About this task ::
Without altering anything, repeat each of the records.

Supplied material ::
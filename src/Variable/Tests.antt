-- ===== src/Variable/Tests.antt =====
-- A request with one indexed variable, `$a`, and one that may not be changed, `$b`.
use ngx_php.Prelude.{ℕ, true, false, Option, none, some, [], ◌==◌, if◌then◌else◌, length}
use ngx_php.Variable.Access.{Value, Variable, Variables, Hash}

abbrev indexed : Variable
indexed = record { changeable = true; indexed = true; has_set_handler = false; index = 3 }

abbrev constant : Variable
constant = record { changeable = false; indexed = true; has_set_handler = false; index = 4 }

-- The hash is the length of the name: 1 for `a`, 2 for `bb`.
abbrev find : ℕ → Option Variable
find hash = if hash == 1 then some indexed else if hash == 2 then some constant else none

abbrev value_of : Variables ℕ → Option Variable → Option Value
value_of r none = none
value_of r (some v) = some (r.values v.index)

abbrev hash : Hash ℕ
hash = record {
  hash_strlow = λ name. (length name, name);
  hash_find = λ hash name. find hash;
  set_handler = λ v x r. r;
  get_variable = λ r name hash. value_of r (find hash);
  palloc_succeeds = true;
  palloc_value_succeeds = true;
}

abbrev variables : Variables ℕ
variables = record {
  values = λ i. record { valid = true; not_found = false; no_cacheable = false; text = [] };
  rest = 0;
}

Solution ::
filename src/Variable/Tests.antt
-- ===== src/Variable/Tests.antt =====
-- A request with one indexed variable, `$a`, and one that may not be changed, `$b`.
use ngx_php.Prelude.{ℕ, true, false, Option, none, some, [], ◌==◌, if◌then◌else◌, length}
use ngx_php.Variable.Access.{Value, Variable, Variables, Hash}

abbrev indexed : Variable
indexed = record { changeable = true; indexed = true; has_set_handler = false; index = 3 }

abbrev constant : Variable
constant = record { changeable = false; indexed = true; has_set_handler = false; index = 4 }

-- The hash is the length of the name: 1 for `a`, 2 for `bb`.
abbrev find : ℕ → Option Variable
find hash = if hash == 1 then some indexed else if hash == 2 then some constant else none

abbrev value_of : Variables ℕ → Option Variable → Option Value
value_of r none = none
value_of r (some v) = some (r.values v.index)

abbrev hash : Hash ℕ
hash = record {
  hash_strlow = λ name. (length name, name);
  hash_find = λ hash name. find hash;
  set_handler = λ v x r. r;
  get_variable = λ r name hash. value_of r (find hash);
  palloc_succeeds = true;
  palloc_value_succeeds = true;
}

abbrev variables : Variables ℕ
variables = record {
  values = λ i. record { valid = true; not_found = false; no_cacheable = false; text = [] };
  rest = 0;
}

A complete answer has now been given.